From clinical care to classroom discussions, the university-wide response to Ebola "has allowed us to share who we are with the world," notes Provost Claire Sterk.

"We are a community that, yes, has the courage and expertise to respond to this epidemic across a broad range of disciplines, but more importantly, we are a community that cares."

Coming together as an intellectual community

In perhaps the broadest example of Emory's academic response to Ebola, the nine schools that make up the university are uniting this semester to offer an extensive forum to explore the impact of Ebola virus disease on public health, policy, law, ethics, government, development, religion and more. The Ebola Faculty and Community Forum runs through April 13.

"Emory has a wealth of expertise in health care but also in the liberal arts, and particularly in African studies," says Pamela Scully, director of the Center for Faculty Development and Excellence, assistant vice provost for academic innovation, and professor of African studies and women's, gender and sexuality studies.

Scully, whose scholarship includes studying Liberia, one of the countries hardest hit in the current epidemic, serves as co-chair of the forum with Ranchod-Nilsson and Deborah Bruner, Robert W. Woodruff Chair in Nursing.

"Interdisciplinary perspectives are crucial to truly understanding both the impact of Ebola in West Africa, and how it has been understood in the USA," Scully says. "The forum brings together people from different disciplines to engage in a challenging conversation about ethics, the boundaries of knowledge, and the significance of scholarship in the world."

Forum speakers include Emory faculty, experts from organizations currently working on Ebola in West Africa, and former President Jimmy Carter, University Distinguished Professor at Emory and founder of The Carter Center.

Several speakers also serve on the Emory Ebola Task Force, a group of more than 20 Emory leaders who meet regularly to advise the university on Ebola-related research, education and policy.

"Emory is being looked to for guidance in a national and global conversation about Ebola," Bruner says, noting that the idea for the forum builds on the work of Emory's Commission on the Liberal Arts, for which she served as vice chair.

"One of the recommendations from the commission was to create opportunities for something we termed 'intellectual tailgating' — the idea being to take advantage of events, work or initiatives that are unique to Emory and really build a university-wide conversation," Bruner explains.

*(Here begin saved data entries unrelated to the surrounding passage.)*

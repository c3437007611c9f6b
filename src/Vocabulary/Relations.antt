-- ===== src/Vocabulary/Relations.antt =====
-- ledger/vocabulary.py, the relations between objects and what each accepts.
use lean_evolve.Prelude.{String, Bool, true, false, List, [], ◌∷◌, ◌++◌}
use lean_evolve.Vocabulary.Terms.{scope_kinds, object_kind_names}

pub record Relation : Type 0 where
  pub name : String
  pub from_kinds : List String
  pub to_kinds : List String
  pub status_effect : String
  pub required_properties : List String
  pub requires_assembly_source : Bool

abbrev pub claim_kinds : List String
claim_kinds = "formal_claim" ∷ "research_claim" ∷ []

abbrev pub evidence_kinds : List String
evidence_kinds = "formal_claim" ∷ "counterexample" ∷ "computation" ∷ "artifact" ∷ []

abbrev pub any_claimlike : List String
any_claimlike = claim_kinds ++ ("counterexample" ∷ "computation" ∷ "source_claim" ∷ [])

unfoldable pub mathematical_relations : List Relation
mathematical_relations =
    record {
      name = "depends_on";
      from_kinds = claim_kinds;
      to_kinds = claim_kinds;
      status_effect = "none";
      required_properties = [];
      requires_assembly_source = false;
    }
    ∷ record {
      name = "decomposes_into";
      from_kinds = claim_kinds;
      to_kinds = claim_kinds;
      status_effect = "none";
      required_properties = [];
      requires_assembly_source = false;
    }
    ∷ record {
      name = "supports";
      from_kinds = evidence_kinds ++ ("source_claim" ∷ []);
      to_kinds = claim_kinds;
      status_effect = "none";
      required_properties = "trust_level" ∷ [];
      requires_assembly_source = false;
    }
    ∷ record {
      name = "refutes";
      from_kinds = "formal_claim" ∷ [];
      to_kinds = any_claimlike;
      status_effect = "refutes_target";
      required_properties = "trust_level" ∷ [];
      requires_assembly_source = true;
    }
    ∷ record {
      name = "supersedes";
      from_kinds = any_claimlike;
      to_kinds = any_claimlike;
      status_effect = "supersedes_target";
      required_properties = "reason" ∷ [];
      requires_assembly_source = false;
    }
    ∷ record {
      name = "advances";
      from_kinds = any_claimlike;
      to_kinds = claim_kinds;
      status_effect = "none";
      required_properties = [];
      requires_assembly_source = false;
    }
    ∷ record {
      name = "equivalent_to";
      from_kinds = claim_kinds;
      to_kinds = claim_kinds;
      status_effect = "none";
      required_properties = "changed_assumptions" ∷ [];
      requires_assembly_source = false;
    }
    ∷ record {
      name = "specializes";
      from_kinds = claim_kinds;
      to_kinds = claim_kinds;
      status_effect = "none";
      required_properties = "changed_assumptions" ∷ [];
      requires_assembly_source = false;
    }
    ∷ record {
      name = "strengthens";
      from_kinds = claim_kinds;
      to_kinds = claim_kinds;
      status_effect = "none";
      required_properties = "changed_assumptions" ∷ [];
      requires_assembly_source = false;
    }
    ∷ record {
      name = "weakens";
      from_kinds = claim_kinds;
      to_kinds = claim_kinds;
      status_effect = "none";
      required_properties = "changed_assumptions" ∷ [];
      requires_assembly_source = false;
    }
    ∷ []

unfoldable pub provenance_relations : List Relation
provenance_relations =
    record {
      name = "formalized_as";
      from_kinds = "source_claim" ∷ "research_claim" ∷ [];
      to_kinds = "formal_claim" ∷ [];
      status_effect = "encodes_target";
      required_properties = "formalization_relationship" ∷ "changed_assumptions" ∷ [];
      requires_assembly_source = false;
    }
    ∷ record {
      name = "produced_by";
      from_kinds = any_claimlike ++ ("artifact" ∷ []);
      to_kinds = "turn" ∷ "check" ∷ "computation" ∷ [];
      status_effect = "none";
      required_properties = [];
      requires_assembly_source = false;
    }
    ∷ record {
      name = "certified_by";
      from_kinds = "formal_claim" ∷ [];
      to_kinds = "artifact" ∷ [];
      status_effect = "none";
      required_properties = "verification_level" ∷ [];
      requires_assembly_source = false;
    }
    ∷ record {
      name = "included_in";
      from_kinds = "formal_claim" ∷ "artifact" ∷ [];
      to_kinds = "artifact" ∷ [];
      status_effect = "none";
      required_properties = [];
      requires_assembly_source = false;
    }
    ∷ record {
      name = "targets";
      from_kinds = scope_kinds;
      to_kinds = claim_kinds;
      status_effect = "none";
      required_properties = [];
      requires_assembly_source = false;
    }
    ∷ record {
      name = "annotates";
      from_kinds = "annotation" ∷ [];
      to_kinds = object_kind_names;
      status_effect = "none";
      required_properties = [];
      requires_assembly_source = false;
    }
    ∷ record {
      name = "has_version";
      from_kinds = "publication" ∷ [];
      to_kinds = "source_version" ∷ [];
      status_effect = "none";
      required_properties = [];
      requires_assembly_source = false;
    }
    ∷ record {
      name = "has_source";
      from_kinds = "source_version" ∷ [];
      to_kinds = "artifact" ∷ [];
      status_effect = "none";
      required_properties = [];
      requires_assembly_source = false;
    }
    ∷ record {
      name = "contains";
      from_kinds = "source_version" ∷ [];
      to_kinds = "source_claim" ∷ [];
      status_effect = "none";
      required_properties = [];
      requires_assembly_source = false;
    }
    ∷ []

unfoldable pub relations : List Relation
unfolding mathematical_relations provenance_relations object_kind_names
relations = mathematical_relations ++ provenance_relations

"Following on the heels of the commission, this seemed like the perfect, unique opportunity, because Emory has done such an ethical, responsible job in treating Ebola, but not only that, in putting out information and guidelines," she says.

The April 9 session with President Carter will be free and open to all who wish to attend. For most other sessions, students, faculty and other members of the Emory community may attend the first hour, while the second part will be reserved for a group of 20-25 faculty selected through a competitive application process.

The forum is organized by the Institute of African Studies, the Institute for Developing Nations and the Nell Hodgson Woodruff School of Nursing. All schools that make up Emory University have lent their support, Bruner says.

From clinic to classrooms

While the forum is the most formal, broad-based academic response to the epidemic, Ebola became a topic of discussion in a variety of courses last semester as both professors and students sought to learn more about the virus that placed Emory in the international spotlight.

Students explored Ebola in classes across a spectrum of disciplines, including biology, epidemiology and health, but also law, ethics, religion and business.

Polly Price, professor in the School of Law, included Ebola in classes she taught on immigration law and an introductory course on legislation and regulation.

In her classes, Ebola provided an opportunity to talk about the U.S. health care system, border control, state laws governing quarantine and isolation, worker safety, and even the broad concept of federalism, the relationship between the federal and state governments, Price notes.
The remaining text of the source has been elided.